What is being asked:
Locate, in the data below, the line that contains "(λ k h. (g.blocks_apart k h).0)" and the line that contains "unfolding free_inode"; reproduce exactly those two lines and every line between them, nothing more.

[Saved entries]
-- ===== src/Fs/Deleted.antt =====
-- kern/fs/fs.c: `fs_lookup` after `fs_delete`.
use Prim.Native.Nat.{bit_and}
use astral_os.Fs.Allocation.{IsInUse, allocate, HasRoom}
use astral_os.Memory.Kmalloc.{Heap}
use astral_os.Common.{
  ℕ, zero, suc, ◌+◌, ◌-◌, ◌≤◌, ◌<◌, ◌≡◌, ◌≢◌, inl, inr, refl, sym, ap, subst, ◌∙◌, arith, true,
  false, Bool-cases, Option-cases, Option, none, some, Status, ok, error, List, length, ltb, ◌||◌,
  ◌==◌, ==_iff, Bytes, get64, sub64, add32,
}
use astral_os.Fs.Store.{
  Env, Fs, Inode, direct_block, read_block, write_block, kfree, get_inode, open_inode, is_no_inode,
  inode_block_num, inode_start, inode_size, inode_type_dir, size_offset,
}
use astral_os.Fs.Bitmap.{clear_bit, free_block, free_inode}
use astral_os.Fs.Dir.{
  find_entry, remove_entry, free_blocks, free_target, lookup_blocks, fs_lookup, fs_delete,
}
use astral_os.Fs.Content.{IsReliable, cell, cell-other}
use astral_os.Fs.Grown.{Same, Same-direct_block, Same-type}
use astral_os.Fs.Open.{loaded, loaded-cell, open_inode-loaded, get_inode-loaded}
use astral_os.Fs.Entries.{find_entry-Agree}
use astral_os.Fs.Lookup.{Absent, lookup_blocks-none}
use astral_os.Fs.Directory.{IsDir, IsDir-heap, lookup_blocks-heap, fs_lookup-loaded}
use astral_os.Fs.Removed.{Once, Gone, update_dir-Gone}

module _ {e : Env} (reliable : IsReliable e) (parent_id : ℕ) (name : List ℕ)
    (short : length name ≤ 28) where
  Gone-heap :
      (s : Fs e) (h : Heap)
      → Gone reliable s parent_id name short
      → Gone reliable (record s { heap = h }) parent_id name short
  Gone-heap s h g = record {
    valid = g.valid;
    type = g.type;
    absent = g.absent;
    apart = g.apart;
    blocks_apart = g.blocks_apart;
  }

  -- A block that is neither the inode's nor one of the directory is written.
  Gone-written :
      (s : Fs e) (d : e.Device) (block : ℕ)
      → ((other i : ℕ)
          → block ≢ other
          → cell {e = e} (record s { device = d }) other i ≡ cell s other i)
      → block ≢ inode_block_num s parent_id
      → ((k : ℕ) → k < 10 → direct_block (loaded s parent_id) k ≢ block)
      → Gone reliable s parent_id name short
      → Gone reliable (record s { device = d }) parent_id name short
  Gone-written s d block kept not_table not_block g =
      let s' : Fs e = record s { device = d } in
      let same : Same (loaded s' parent_id) (loaded s parent_id) = λ i lt.
        loaded-cell s' parent_id i lt
        ∙ kept (inode_block_num s parent_id) (inode_start parent_id + i) not_table
        ∙ sym (loaded-cell s parent_id i lt) in
      let same_block = λ (k : ℕ) (h : k < 10).
        Same-direct_block (loaded s' parent_id) (loaded s parent_id) k same h in
      record {
        valid = g.valid;
        type =
            ap (λ x. bit_and x inode_type_dir == 0)
              (Same-type (loaded s' parent_id) (loaded s parent_id) same)
            ∙ g.type;
        absent = λ k h. elim (g.absent k h) [
          | inl missing ↦ inl (same_block k h ∙ missing)
          | inr free ↦ inr (
              ap (λ b. find_entry (cell s' b) name 0 113) (same_block k h)
              ∙ find_entry-Agree (cell s' (direct_block (loaded s parent_id) k))
                  (cell s (direct_block (loaded s parent_id) k)) name 0 113 short (omega arith)
                  (λ i l h'.
                    kept (direct_block (loaded s parent_id) k) i (λ z. not_block k h (sym z)))
              ∙ free)
        ];
        apart = g.apart;
        blocks_apart = λ k h. (
          (λ z. (g.blocks_apart k h).0 (sym (same_block k h) ∙ z)),
          (λ z. (g.blocks_apart k h).1 (sym (same_block k h) ∙ z)),
        );
      }

  -- The bitmaps are written when a block or an inode is freed.
  Gone-free_block :
      (s : Fs e) (b : ℕ)
      → Gone reliable s parent_id name short
      → Gone reliable (free_block s b) parent_id name short
  unfolding free_block
  Gone-free_block s b g = elim (Bool-cases ((b == 0) || ltb s.current_superblock.total_blocks b)) [
    | inl no_block ↦ rw no_block g
    | inr some_block ↦
        let bitmap = clear_bit s.block_bitmap (b - 1) in
        let s' : Fs e = record s {
          block_bitmap = bitmap;
          current_superblock = record s.current_superblock {
            free_blocks = add32 s.current_superblock.free_blocks 1;
          };
        } in
        let g' : Gone reliable s' parent_id name short = record {
          valid = g.valid;
          type = g.type;
          absent = g.absent;
          apart = g.apart;
          blocks_apart = g.blocks_apart;
        } in
        let block = s.current_superblock.block_bitmap_block in
        rw some_block (
          Gone-written s' (write_block s' block bitmap).1.device block
            (λ other i ne. cell-other reliable s' block bitmap other ne i) g.apart.0
            (λ k h. (g.blocks_apart k h).0) g')
  ]

  Gone-free_inode :
      (s : Fs e) (id : ℕ)
      → Gone reliable s parent_id name short
      → Gone reliable (free_inode s id) parent_id name short
  unfolding free_inode
  Gone-free_inode s id g = elim (Bool-cases (is_no_inode s id)) [
    | inl no_inode ↦ rw no_inode g
    | inr some_inode ↦
        let bitmap = clear_bit s.inode_bitmap (id - 1) in
        let s' : Fs e = record s {
          inode_bitmap = bitmap;
          current_superblock = record s.current_superblock {
            free_inodes = add32 s.current_superblock.free_inodes 1;
          };
        } in
        let g' : Gone reliable s' parent_id name short = record {
          valid = g.valid;
          type = g.type;
          absent = g.absent;
          apart = g.apart;
          blocks_apart = g.blocks_apart;
        } in
        let block = s.current_superblock.inode_bitmap_block in
        rw some_inode (
          Gone-written s' (write_block s' block bitmap).1.device block
            (λ other i ne. cell-other reliable s' block bitmap other ne i) g.apart.1
            (λ k h. (g.blocks_apart k h).1) g')
  ]

  Gone-free_blocks :
      (s : Fs e) (inode : Bytes) (i n : ℕ)
      → Gone reliable s parent_id name short
      → Gone reliable (free_blocks s inode i n) parent_id name short
  unfolding free_blocks
  Gone-free_blocks s inode i zero g = g
  Gone-free_blocks s inode i (suc n) g = elim (Bool-cases (direct_block inode i == 0)) [
    | inl missing ↦ rw missing (Gone-free_blocks s inode (i + 1) n g)
    | inr there ↦ rw there (
        Gone-free_blocks (free_block s (direct_block inode i)) inode (i + 1) n
          (Gone-free_block s (direct_block inode i) g))
  ]

  get_inode-none : (s : Fs e) (id : ℕ) → is_no_inode s id ≡ true → get_inode s id ≡ (none, s)
  unfolding get_inode
  get_inode-none s id no_inode = rw no_inode refl

  get_inode-full :
      (s : Fs e) (id : ℕ)
      → is_no_inode s id ≡ false
      → ((allocate s.heap inode_size).0 == 0) ≡ true
      → get_inode s id ≡ (none, record s { heap = (allocate s.heap inode_size).1 })
  unfolding get_inode
  get_inode-full s id valid full =
      let delivered = reliable.reads s.device (inode_block_num s id) e.fresh in
      rw (valid, delivered, full) refl

  -- The inode that the entry named is freed, if it is one.
  Gone-free_target :
      (s : Fs e) (id : ℕ)
      → Gone reliable s parent_id name short
      → Gone reliable (free_target s id).1 parent_id name short
  Gone-free_target s id g = elim (Bool-cases (id == 0)) [
    | inl nothing ↦ rw nothing g
    | inr something ↦
        let end = λ (got : Option Inode × Fs e).
          (elim got.0 as (λ _. Status × Fs e) [
            | none ↦ (error, got.1)
            | some target ↦
                (ok, kfree (free_inode (free_blocks got.1 target.bytes 0 10) id) target.address)
          ]).1 in
        elim (Bool-cases (is_no_inode s id)) [
          | inl no_inode ↦ rw something (
              subst (λ got. Gone reliable (end got) parent_id name short)
                (sym (get_inode-none s id no_inode)) g)
          | inr some_inode ↦
              let s' : Fs e = record s { heap = (allocate s.heap inode_size).1 } in
              let there = Gone-heap s (allocate s.heap inode_size).1 g in
              let freed =
                Gone-free_inode (free_blocks s' (loaded s id) 0 10) id
                  (Gone-free_blocks s' (loaded s id) 0 10 there) in
              elim (Bool-cases ((allocate s.heap inode_size).0 == 0)) [
                | inl full ↦ rw something (
                    subst (λ got. Gone reliable (end got) parent_id name short)
                      (sym (get_inode-full s id some_inode full)) there)
                | inr served ↦ rw something (
                    subst (λ got. Gone reliable (end got) parent_id name short)
                      (sym (get_inode-loaded reliable s id some_inode (λ z. absurd (ground arith))))
                      (Gone-heap _ _ freed))
              ]
        ]
  ]

  -- Without memory for the inode of the directory, nothing is found.
  fs_lookup-full :
      (s : Fs e)
      → is_no_inode s parent_id ≡ false
      → ((allocate s.heap inode_size).0 == 0) ≡ true
      → (fs_lookup s parent_id name).0 ≡ 0
  unfolding fs_lookup open_inode
  fs_lookup-full s valid full =
      let room : ltb 28 (length name) ≡ false = ground arith in
      rw (room, get_inode-full s parent_id valid full) refl

  -- A name that is in no block is not found.
  Gone-fs_lookup :
      (s : Fs e) → Gone reliable s parent_id name short → (fs_lookup s parent_id name).0 ≡ 0
  Gone-fs_lookup s g = elim (Bool-cases ((allocate s.heap inode_size).0 == 0)) [
    | inl full ↦ fs_lookup-full s g.valid full
    | inr served ↦
        ap (λ r. r.0)
          (fs_lookup-loaded reliable s parent_id name short (λ z. absurd (ground arith)) g.valid
            g.type)
        ∙ lookup_blocks-none reliable s (loaded s parent_id) name short 10 0 e.fresh
            (λ k low high. g.absent k (omega arith))
  ]

module _ {e : Env} (reliable : IsReliable e) (s : Fs e) (parent_id : ℕ) (name : List ℕ)
    (short : length name ≤ 28) (is_dir : IsDir s parent_id)
    (once : Once s (loaded s parent_id) name) where
  abbrev parent : Bytes
  parent = loaded s parent_id

  -- The loop of `fs_delete` clears the entry that a search would find, and the name is gone.
  remove_entry-Gone :
      (n i : ℕ) (buffer : Bytes)
      → i + n ≡ 10
      → ((k : ℕ) → k < i → Absent reliable s parent name short k)
      → Gone reliable (remove_entry s parent_id parent name buffer i n).1 parent_id name short
  unfolding remove_entry
  remove_entry-Gone zero i buffer fits before = record {
    valid = is_dir.is_open.valid;
    type = is_dir.type;
    absent = λ k h. before k (omega arith);
    apart = (is_dir.is_open.apart, is_dir.bitmap_apart);
    blocks_apart = λ k h. (is_dir.is_open.not_bitmap k h, is_dir.no_bitmap k h);
  }
  remove_entry-Gone (suc n) i buffer fits before =
      let number = direct_block parent i in
      let block = (read_block s number buffer).1 in
      let next : (b : Bytes)
          → Absent reliable s parent name short i
          → Gone reliable (remove_entry s parent_id parent name b (i + 1) n).1 parent_id name
              short =
        λ b here. remove_entry-Gone n (i + 1) b (omega arith) (λ k h. elim (Bool-cases (i == k)) [
          | inl same ↦ subst (Absent reliable s parent name short) ((==_iff i k).0 same) here
          | inr other ↦ before k (ground arith)
        ]) in
      let same : find_entry block name 0 113 ≡ find_entry (cell s number) name 0 113 =
        find_entry-Agree block (cell s number) name 0 113 short (omega arith)
          (λ j l h. reliable.whole s.device number buffer e.fresh j h) in
      elim (Bool-cases (number == 0)) [
        | inl missing ↦ rw missing (next buffer (inl ((==_iff number 0).0 missing)))
        | inr there ↦ elim (Option-cases (find_entry block name 0 113)) [
          | inl absent ↦ rw (there, absent) (next block (inr (sym same ∙ absent)))
          | inr (u, found) ↦
              rw (there, found)
                (update_dir-Gone reliable s parent_id parent name short is_dir.is_open is_dir.type
                  is_dir.bitmap_apart is_dir.no_bitmap once i u buffer
                  (sub64 (get64 parent size_offset) 36) (omega arith) (λ z. absurd (ground arith))
                  (sym same ∙ found))
        ]
      ]

  remove_entry-lookup :
      (n i : ℕ) (buffer : Bytes)
      → (remove_entry s parent_id parent name buffer i n).0 ≡ lookup_blocks s parent name buffer i n
  unfolding remove_entry lookup_blocks
  remove_entry-lookup zero i buffer = refl
  remove_entry-lookup (suc n) i buffer =
      let block = (read_block s (direct_block parent i) buffer).1 in
      elim (Bool-cases (direct_block parent i == 0)) [
        | inl missing ↦ rw missing (remove_entry-lookup n (i + 1) buffer)
        | inr there ↦ elim (Option-cases (find_entry block name 0 113)) [
          | inl absent ↦ rw (there, absent) (remove_entry-lookup n (i + 1) block)
          | inr (u, found) ↦ rw (there, found) refl
        ]
      ]

-- On a device without failures, where the heap is in a state that calls lead to and has memory for an inode at the call of `fs_delete`, and for a directory that
-- is in order and has at most one entry of a name of at most 28 characters, `fs_lookup` does not find the name after `fs_delete`, and `fs_delete` returns -1 when `fs_lookup` did
-- not find it before.
pub fs_lookup-fs_delete :
    {e : Env} (reliable : IsReliable e) (s : Fs e) (parent_id : ℕ) (name : List ℕ)
    → IsInUse s.heap
    → HasRoom s.heap
    → IsDir s parent_id
    → length name ≤ 28
    → Once s (loaded s parent_id) name
    → ((fs_lookup (fs_delete s parent_id name).1 parent_id name).0 ≡ 0)
      × ((fs_lookup s parent_id name).0 ≡ 0 → (fs_delete s parent_id name).0 ≡ error)
unfolding fs_delete
fs_lookup-fs_delete {e} reliable s parent_id name in_use served is_dir short once =
    let room : ltb 28 (length name) ≡ false = ground arith in
    let opened =
      open_inode-loaded reliable s parent_id is_dir.is_open.valid inode_type_dir served
        is_dir.type in
    let s' : Fs e = record s { heap = (allocate s.heap inode_size).1 } in
    let is_dir' = IsDir-heap s parent_id (allocate s.heap inode_size).1 is_dir in
    let removed = remove_entry s' parent_id (loaded s parent_id) name e.fresh 0 10 in
    let address = (allocate s.heap inode_size).0 in
    let ended : fs_delete s parent_id name ≡ free_target (kfree removed.1 address) removed.0 =
      rw room (
        ap
          (λ (o : Option Inode × Fs e). elim o.0 as (λ _. Status × Fs e) [
            | none ↦ (error, o.1)
            | some parent ↦
                (let removed = remove_entry o.1 parent_id parent.bytes name e.fresh 0 10 in
                  free_target (kfree removed.1 parent.address) removed.0)
          ])
          opened) in
    let gone =
      remove_entry-Gone reliable s' parent_id name short is_dir' once 10 0 e.fresh refl
        (λ k h. absurd (omega arith)) in
    let found : (fs_lookup s parent_id name).0 ≡ removed.0 =
      ap (λ r. r.0)
        (fs_lookup-loaded reliable s parent_id name short served is_dir.is_open.valid is_dir.type)
      ∙ sym (lookup_blocks-heap s s'.heap (loaded s parent_id) name e.fresh 0 10)
      ∙ sym (remove_entry-lookup reliable s' parent_id name short is_dir' once 10 0 e.fresh) in
    (
      ap (λ r. (fs_lookup r.1 parent_id name).0) ended
          ∙ Gone-fs_lookup reliable parent_id name short
              (free_target (kfree removed.1 address) removed.0).1
              (Gone-free_target reliable parent_id name short (kfree removed.1 address) removed.0
                (Gone-heap reliable parent_id name short removed.1 _ gone)),
      λ nothing.
          (let zero_there : (removed.0 == 0) ≡ true =
              (==_iff removed.0 0).1 (sym found ∙ nothing) in
            ap (λ r. r.0) ended ∙ rw zero_there refl),
    )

Task response:
            (λ k h. (g.blocks_apart k h).0) g')
  ]

  Gone-free_inode :
      (s : Fs e) (id : ℕ)
      → Gone reliable s parent_id name short
      → Gone reliable (free_inode s id) parent_id name short
  unfolding free_inode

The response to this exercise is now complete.